Start with the product tour. My Satellite Pro memory is installed in the bottom of the machine under a cover approximately 2"x2". I assume yours is similiar?

Remove the cover and you should see either 1 or 2 memory modules. The memory is usually installed at an angle and has 2 small clips that hold it flat on the sides, usually metal clips. There may also be a small piece of plastic about the side of the memory module that is actually an insulator to keep the memory from shorting out. This needs to stay in the computer. 

The memory should be inserted sideways first, firm but gently to seat the pins, then pushed flat until locked.
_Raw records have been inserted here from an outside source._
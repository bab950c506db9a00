-- ===== src/Cache/Laws.antt =====
-- What the thread table keeps, gains and loses.
use app_opt.Base.{
  ℕ, Bool, true, false, List, [], ◌∷◌, Option, none, some, ◌≡◌, refl, ap, inl, inr, arith, ◌==◌,
  ==_iff, ==_refl, Bool-cases, Option-cases, if◌then◌else◌, ◌∙◌,
}
use app_opt.Base.Dict.{lookup, remove, contains, ℕ_eq, text_eq, lookup-remove, lookup-insert}
use app_opt.Base.Text.{Text}
use app_opt.Cache.{
  TaskEntry, Tasks, ApplyFn, Applied, entry_of, task_apply, name_for, task_apply_found,
  task_apply_result, Threads, dead_tids, del_all, task_dead, affinity_sync,
}
use app_opt.Config.Load.{AppConfig, Env}
use app_opt.Cpu.Topology.{CpuTopology}
use app_opt.Match.{AffinityResult, Fnmatch, thread_affinity}

module _ {S : Type 0} (tid pid : ℕ) (pkg : Text) (apply_fn : ApplyFn S) (tasks : Tasks)
    (s : S) where
  result_frame :
      (r : AffinityResult) (other : ℕ)
      → (tid == other) ≡ false
      → lookup other (task_apply_result tid pid pkg apply_fn r tasks s).tasks ≡ lookup other tasks
  unfolding task_apply_result
  result_frame r other ne =
      ground
        (arith, lookup-insert tid other (entry_of pid pkg r) tasks, lookup-remove tid other tasks)

  result-keeps :
      (r : AffinityResult) {old new : TaskEntry}
      → lookup tid tasks ≡ some old
      → old.is_thread_rule ≡ true
      → lookup tid (task_apply_result tid pid pkg apply_fn r tasks s).tasks ≡ some new
      → new.is_thread_rule ≡ true
  unfolding task_apply_result
  result-keeps r was thread now = ground (
    arith,
    lookup-insert tid tid (entry_of pid pkg r) tasks,
    lookup-remove tid tid tasks,
    ==_refl tid,
  )

  result_removed :
      (r : AffinityResult) {old : TaskEntry}
      → lookup tid tasks ≡ some old
      → lookup tid (task_apply_result tid pid pkg apply_fn r tasks s).tasks ≡ none
      → (apply_fn tid r.cpus r.cpuset_dir s).0 ≡ true
  unfolding task_apply_result
  result_removed r was now = ground (
    arith,
    lookup-insert tid tid (entry_of pid pkg r) tasks,
    lookup-remove tid tid tasks,
    ==_refl tid,
  )

module _ {S : Type 0} (fnmatch : Fnmatch) (env : Env) (tid pid : ℕ) (pkg comm : Text)
    (cfg : AppConfig) (apply_fn : ApplyFn S) (tasks : Tasks) (s : S) where
  abbrev wanted : Option AffinityResult
  wanted = thread_affinity fnmatch env pkg (name_for cfg pkg comm) cfg

  abbrev applied : Applied S
  applied = task_apply fnmatch env tid pid pkg comm cfg apply_fn tasks s

  applied-none : wanted ≡ none → applied ≡ record { inserted = false; tasks = tasks; state = s }
  unfolding task_apply
  applied-none e = ap (λ o. task_apply_found tid pid pkg apply_fn o tasks s) e

  applied-some :
      (r : AffinityResult)
      → wanted ≡ some r
      → applied ≡ task_apply_result tid pid pkg apply_fn r tasks s
  unfolding task_apply
  applied-some r e = ap (λ o. task_apply_found tid pid pkg apply_fn o tasks s) e

  -- Other threads keep their entries.
  pub task_apply_frame :
      (other : ℕ)
      → (tid == other) ≡ false
      → lookup other (task_apply fnmatch env tid pid pkg comm cfg apply_fn tasks s).tasks
        ≡ lookup other tasks
  task_apply_frame other ne =
      elim (Option-cases (thread_affinity fnmatch env pkg (name_for cfg pkg comm) cfg)) [
        | inl e ↦ rw (applied-none e) refl
        | inr (r, e) ↦ rw (applied-some r e) (result_frame tid pid pkg apply_fn tasks s r other ne)
      ]

  -- An entry that came from a thread rule is never replaced by one that did not.
  pub task_apply-keeps :
      {old new : TaskEntry}
      → lookup tid tasks ≡ some old
      → old.is_thread_rule ≡ true
      → lookup tid (task_apply fnmatch env tid pid pkg comm cfg apply_fn tasks s).tasks ≡ some new
      → new.is_thread_rule ≡ true
  task_apply-keeps was thread now =
      elim (Option-cases (thread_affinity fnmatch env pkg (name_for cfg pkg comm) cfg)) [
        | inl e ↦ cc (thread, was, rw (applied-none e) at now)
        | inr (r, e) ↦
            result-keeps tid pid pkg apply_fn tasks s r was thread (rw (applied-some r e) at now)
      ]

  -- An entry only goes away when the call for the matched CPUs reports that the thread is gone.
  pub task_apply_removed :
      {old : TaskEntry}
      → lookup tid tasks ≡ some old
      → lookup tid (task_apply fnmatch env tid pid pkg comm cfg apply_fn tasks s).tasks ≡ none
      → (r : AffinityResult) × (thread_affinity fnmatch env pkg (name_for cfg pkg comm) cfg
          ≡ some r)
        × ((apply_fn tid r.cpus r.cpuset_dir s).0 ≡ true)
  task_apply_removed was now =
      elim (Option-cases (thread_affinity fnmatch env pkg (name_for cfg pkg comm) cfg)) [
        | inl e ↦ absurd (cc (was, rw (applied-none e) at now))
        | inr (r, e) ↦
            (r, e, result_removed tid pid pkg apply_fn tasks s r was (rw (applied-some r e) at now))
      ]

-- Every key stands once.
abbrev pub IsTable : Tasks → Type 0
IsTable [] = Unit
IsTable ((tid, e) ∷ tasks) = (lookup tid tasks ≡ none) × IsTable tasks

lookup-del_all :
    (tids : List ℕ) (tasks : Tasks) (tid : ℕ)
    → lookup tid (del_all tids tasks) ≡ (if contains tid tids then none else lookup tid tasks)
unfolding del_all
lookup-del_all [] tasks tid = refl
lookup-del_all (t ∷ tids) tasks tid =
    ground (arith, lookup-del_all tids (remove t tasks) tid, lookup-remove t tid tasks)

abbrev pub dead_entry : (ℕ → TaskEntry → Bool) → ℕ → Option TaskEntry → Bool
dead_entry dead tid none = false
dead_entry dead tid (some e) = dead tid e

contains-dead_tids :
    (dead : ℕ → TaskEntry → Bool) (tasks : Tasks) (tid : ℕ)
    → IsTable tasks
    → contains tid (dead_tids dead tasks) ≡ dead_entry dead tid (lookup tid tasks)
unfolding dead_tids
contains-dead_tids dead [] tid t = refl
contains-dead_tids dead ((k, e) ∷ tasks) tid t = elim (Bool-cases (k == tid)) [
  | inl same ↦
      let is : k ≡ tid = (==_iff k tid).0 same in
      let gone : lookup tid tasks ≡ none = rw is at t.0 in
      rw (← is)
        (rw (==_refl k) (ground (arith, contains-dead_tids dead tasks k t.1, t.0, ==_refl k)))
  | inr other ↦ ground (arith, contains-dead_tids dead tasks tid t.1)
]

-- For a table with each thread once, the sweep reports exactly the threads whose call found them
-- gone, and removes exactly those.
pub affinity_sync_exact :
    (os : Threads) (base : Option Text) (topo : CpuTopology) (tasks : Tasks) (tid : ℕ)
    → IsTable tasks
    → (contains tid (affinity_sync os base topo tasks).0
        ≡ dead_entry (task_dead os base topo) tid (lookup tid tasks))
      × (lookup tid (affinity_sync os base topo tasks).1 ≡ (
          if dead_entry (task_dead os base topo) tid (lookup tid tasks)
          then none
          else lookup tid tasks))
unfolding affinity_sync
affinity_sync_exact os base topo tasks tid t =
    let dead = contains-dead_tids (task_dead os base topo) tasks tid t in
    (dead, lookup-del_all (dead_tids (task_dead os base topo) tasks) tasks tid ∙ rw dead refl)
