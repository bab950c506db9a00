-- ===== src/Config.antt =====
-- AppOpt/src/config.rs: the grammar of the rule file, and its loading.
pub mod Line
pub mod Load
pub mod Watch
It is hard to describe, but just be careful. 

Look up on the Toshiba web support for your model, they probably have good info on memory installation.

Given it is a laptop and is moved a lot, it is possible someone did not have the memory fully seated and it was jarred loose?

JamesO


----------



## Mark_Booth (Apr 21, 2005)

*Memory*

My laptop is a toshiba S5200-902. I have opened the memory slot but it is impossible to take the memory out and re install it, I can only install new memory. It has 2 slots to do so. Is there anything that I can do with the memory that might get my laptop working?


----------



## JamesO (Mar 30, 2005)

Not sure where to direct you from here. You "think" it is a memory problem, but it appears you do not have any additional RAM installed in the machine. So I am confused why you think it is a memory problem.

I would do the following, take a paper clip and insert it in the CD drive drawer hole to open the drawer and make sure there is not a disc inserted the the machine it is trying to boot from.

Get on the Toshiba Support web site and see if there is a reset button on the machine and if Toshiba has any troubleshooting suggestions. 

If you repost here, you need to lay out some specific history as to what led up to this problem, how long you have had the laptop, what OS and software is installed and what the last thing the machine was doing prior to it not booting. Was the laptop dropped or damaged, did it go throught airport security, was is subjected to extreme high or low temperatures, exactly what LED's are lit and do they flash, does the machine make any beeping sounds and is there a pattern to the sounds, can you access the system bios, have you tried to boot the machine without the CD drive installed, does the battery work, is your machine a US or European market machine? 

Again, not sure where to direct you from here as there appears to be too little detail on how we got to this point.

Maybe someone else will have some suggestions as wel?.

JamesO


----------



## Mark_Booth (Apr 21, 2005)

*CD Drive*

I have tried the Cd Drive thing but there was no cd inside.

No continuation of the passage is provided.